The rear mirrors you see in your car or the huge round silver ones you encounter at a metro station. These mirrors are examples of curves. Curves have huge applications everywhere, be it the study of planetary motion, the design of telescopes, satellites, reflectors etc. Conic sections or conics consist of curves which are obtained upon the intersection of a plane with a double napped right circular cone. Let us discuss the formations of different sections of the cone and their significance.

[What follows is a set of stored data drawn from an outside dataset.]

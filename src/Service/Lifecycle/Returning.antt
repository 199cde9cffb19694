-- ===== src/Service/Lifecycle/Returning.antt =====
-- Shortening and following: a URL comes back from its short key, and is not stored twice.
use production_ready_url_sho.Common.{
  ℕ, suc, ◌≡◌, ◌∙◌, refl, sym, ap, String, List, ◌∷◌, some, true, false, arith, eq_refl, eq_iff,
  ltb, chars,
}
use production_ready_url_sho.Failure.{ok, err, wrapped}
use production_ready_url_sho.Context.{Ctx}
use production_ready_url_sho.Model.{Stamp, Url, new_url}
use production_ready_url_sho.Keygen.{max_collision_retries}
use production_ready_url_sho.Sql.{
  Tables, insert_into_urls, has_live_key, has_id, is_live, as_inserted, columns, unique_violation,
  execute,
}
use production_ready_url_sho.Sql.Selecting.{find_live}
use production_ready_url_sho.Repository.{filled}
use production_ready_url_sho.Repository.Calm.{table_urls}
use production_ready_url_sho.Service.{existing, free, store, conclude, shorten_url, redirect}
use production_ready_url_sho.Service.OnTables.{
  log_request-urls, probe_again, probe_exhausted, probe_transfer, probe_never, EndsByLookup,
}
use production_ready_url_sho.Service.Lifecycle.Shortened.{
  lookup, shorten, Shortened, reused, created, shorten-Shortened,
}

-- What a redirection to a stored row looks like.
pub redirect-found :
    (ctx : Ctx) (key : String) (t : Tables) (row : Url)
    → find_live key t.urls ≡ some row
    → redirect table_urls ctx key t ≡ (record { target = ok row.url; spawned = some row.id }, t)
unfolding redirect
redirect-found ctx key t row h = rw h refl

pub find_self :
    (u : Url) (us : List Url) → is_live u ≡ true → find_live u.short_key (u ∷ us) ≡ some u
unfolding find_live
find_self u us live = ground (arith, eq_refl u.short_key)

module _ (sum256 : String → List ℕ) (ctx : Ctx) (original : String) where
  pub Shortened-find :
      (st log_st : Stamp) (agent : String) (t t' : Tables) (u : Url)
      → Shortened sum256 ctx st log_st original agent t u t'
      → (row : Url) × (find_live u.short_key t'.urls ≡ some row)
        × (row.url ≡ original)
        × (row.id ≡ u.id)
  unfolding find_live new_url
  Shortened-find st log_st agent t t' u (reused row looked there same known after) =
      (row, ap (find_live u.short_key) after ∙ there, known, ap (λ (v : Url). v.id) (sym same))
  Shortened-find st log_st agent t t' u (created key looked same room fits after) = (
    u,
    ap (find_live u.short_key) after ∙ find_self u t.urls (ap (λ v. is_live v) same),
    ap (λ (v : Url). v.url) same,
    refl,
  )

  -- When `ShortenURL` succeeds on the tables, `Redirect` of the short key that it returned leads to
  -- the URL that was shortened, starts the update of the row that was returned, and changes nothing.
  pub redirect-shorten :
      (st log_st : Stamp) (agent : String) (t t' : Tables) (u : Url) (ctx' : Ctx)
      → shorten sum256 ctx st log_st original agent t ≡ (ok u, t')
      → redirect table_urls ctx' u.short_key t'
        ≡ (record { target = ok original; spawned = some u.id }, t')
  redirect-shorten st log_st agent t t' u ctx' h =
      let s = shorten-Shortened sum256 ctx st log_st original agent t t' u h in
      let (row, there, url, id) = Shortened-find st log_st agent t t' u s in
      redirect-found ctx' u.short_key t' row there ∙ cc (url, id)

  probe-twice :
      (st log_st : Stamp) (agent : String) (t t' : Tables) (u : Url)
      → Shortened sum256 ctx st log_st original agent t u t'
      → EndsByLookup sum256 ctx original (suc max_collision_retries) 0 t
      → (v : Url) × (lookup sum256 ctx original t' ≡ (existing v, t'))
        × (v.id ≡ u.id)
        × (v.short_key ≡ u.short_key)
  unfolding new_url
  probe-twice st log_st agent t t' u (reused row looked there same known after) ends =
      (u, probe_transfer sum256 ctx original _ 0 t t' (existing u) (sym after) looked, refl, refl)
  probe-twice st log_st agent t t' u (created key looked same room fits after) ends =
      let new = new_url st original key in
      let again =
        probe_again sum256 ctx original t new refl room (suc max_collision_retries) 0 looked ends in
      (
        filled (columns new),
        probe_transfer sum256 ctx original _ 0 (record t { urls = as_inserted new ∷ t.urls }) t' _
            (ap (λ v. v ∷ t.urls) (sym same) ∙ sym after) again,
        ap (λ (v : Url). v.id) (sym same),
        ap (λ (v : Url). v.short_key) (sym same),
      )

  shorten-existing :
      (st log_st : Stamp) (agent : String) (t : Tables) (v : Url)
      → lookup sum256 ctx original t ≡ (existing v, t)
      → ((shorten sum256 ctx st log_st original agent t).0 ≡ ok v)
        × ((shorten sum256 ctx st log_st original agent t).1.urls ≡ t.urls)
  unfolding shorten_url conclude
  shorten-existing st log_st agent t v h =
      rw h (refl, log_request-urls sum256 ctx log_st v.id agent t)

  -- Shortening the same URL again, with other stamps and another agent, succeeds with the same row
  -- and the same short key and stores no URL, if the first call ended its loop by a lookup (that is,
  -- not all six keys that it tried belong to other URLs).
  pub shorten_idempotent :
      (st log_st st' log_st' : Stamp) (agent agent' : String) (t t' : Tables) (u : Url)
      → EndsByLookup sum256 ctx original (suc max_collision_retries) 0 t
      → shorten sum256 ctx st log_st original agent t ≡ (ok u, t')
      → (v : Url) × ((shorten sum256 ctx st' log_st' original agent' t').0 ≡ ok v)
        × (v.id ≡ u.id)
        × (v.short_key ≡ u.short_key)
        × ((shorten sum256 ctx st' log_st' original agent' t').1.urls ≡ t'.urls)
  shorten_idempotent st log_st st' log_st' agent agent' t t' u ends h =
      let s = shorten-Shortened sum256 ctx st log_st original agent t t' u h in
      let (v, looked, id, key) = probe-twice st log_st agent t t' u s ends in
      let (result, urls) = shorten-existing st' log_st' agent' t' v looked in
      (v, result, id, key, urls)

  pub insert-taken :
      (st : Stamp) (key : String) (t : Tables) (u : Url)
      → ltb 11 (chars key) ≡ false
      → is_live u ≡ true
      → u.short_key ≡ key
      → (us : List Url) → t.urls ≡ u ∷ us
      → insert_into_urls (new_url st original key) t ≡ (err unique_violation, t)
  unfolding insert_into_urls has_live_key has_id new_url
  insert-taken st key t u fits live same us e = ground (arith, (eq_iff u.short_key key).1 same, e)

  shorten-taken :
      (st log_st : Stamp) (agent key : String) (t : Tables)
      → lookup sum256 ctx original t ≡ (free key, t)
      → insert_into_urls (new_url st original key) t ≡ (err unique_violation, t)
      → shorten sum256 ctx st log_st original agent t
        ≡ (err (wrapped "create url" unique_violation), t)
  unfolding shorten_url conclude store execute
  shorten-taken st log_st agent key t looked full = rw looked (rw full refl)

  -- If the six keys that the loop looks up all belong to other URLs, and the call succeeds all the
  -- same, under the seventh key, then the next call for the same URL, with other stamps and another
  -- agent, fails with the violation of the unique index and changes nothing.
  pub exhausted_fails :
      (st log_st st' log_st' : Stamp) (agent agent' : String) (t t' : Tables) (u : Url)
      → ¬ EndsByLookup sum256 ctx original (suc max_collision_retries) 0 t
      → shorten sum256 ctx st log_st original agent t ≡ (ok u, t')
      → shorten sum256 ctx st' log_st' original agent' t'
        ≡ (err (wrapped "create url" unique_violation), t')
  unfolding new_url
  exhausted_fails st log_st st' log_st' agent agent' t t' u never h =
      let (k, freed) = probe_never sum256 ctx original (suc max_collision_retries) 0 t never in
      elim (shorten-Shortened sum256 ctx st log_st original agent t t' u h) [
        | reused row looked there same known after ↦ cc (looked, freed)
        | created key looked same room fits after ↦
            let new = new_url st original key in
            let again =
              probe_transfer sum256 ctx original (suc max_collision_retries) 0
                (record t { urls = as_inserted new ∷ t.urls }) t' (free key)
                (ap (λ v. v ∷ t.urls) (sym same) ∙ sym after)
                (probe_exhausted sum256 ctx original t new refl room (suc max_collision_retries) 0
                  looked never) in
            shorten-taken st' log_st' agent' key t' again (
              insert-taken st' key t' u fits (ap (λ v. is_live v) same)
                (ap (λ (v : Url). v.short_key) same) t.urls after)
      ]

Consider a fixed vertical line ‘l’ and another line ‘m’ inclined at an angle ‘α’ intersecting l at point V as shown below:
The initials as mentioned in the above figure A carry the following meanings:
- V is vertex of the cone
- l is the axis of the cone
- m, the rotating line the is a generator of the cone
The vertex of the cone divides it into two nappes referred to as the upper nappe and the lower nappe. In figure B, the cone is intersected by a plane and the section so obtained is known as a conic section. Depending upon the position of the plane which intersects the cone and the angle of intersection β, different kind of conic sections are obtained. Namely;
Let us briefly discuss the different conic sections formed when the plane cuts the nappes (excluding the vertex).
- If β=90o, the conic section formed is a circle as shown below.
- If α<β<90o, the conic section so formed is an ellipse as shown in the figure below.
- If α=β, the conic section formed is a parabola (represented by the orange curve) as shown below.
- If 0≤β<α, then the plane intersects both nappes and conic section so formed is known as a hyperbola (represented by the orange curves).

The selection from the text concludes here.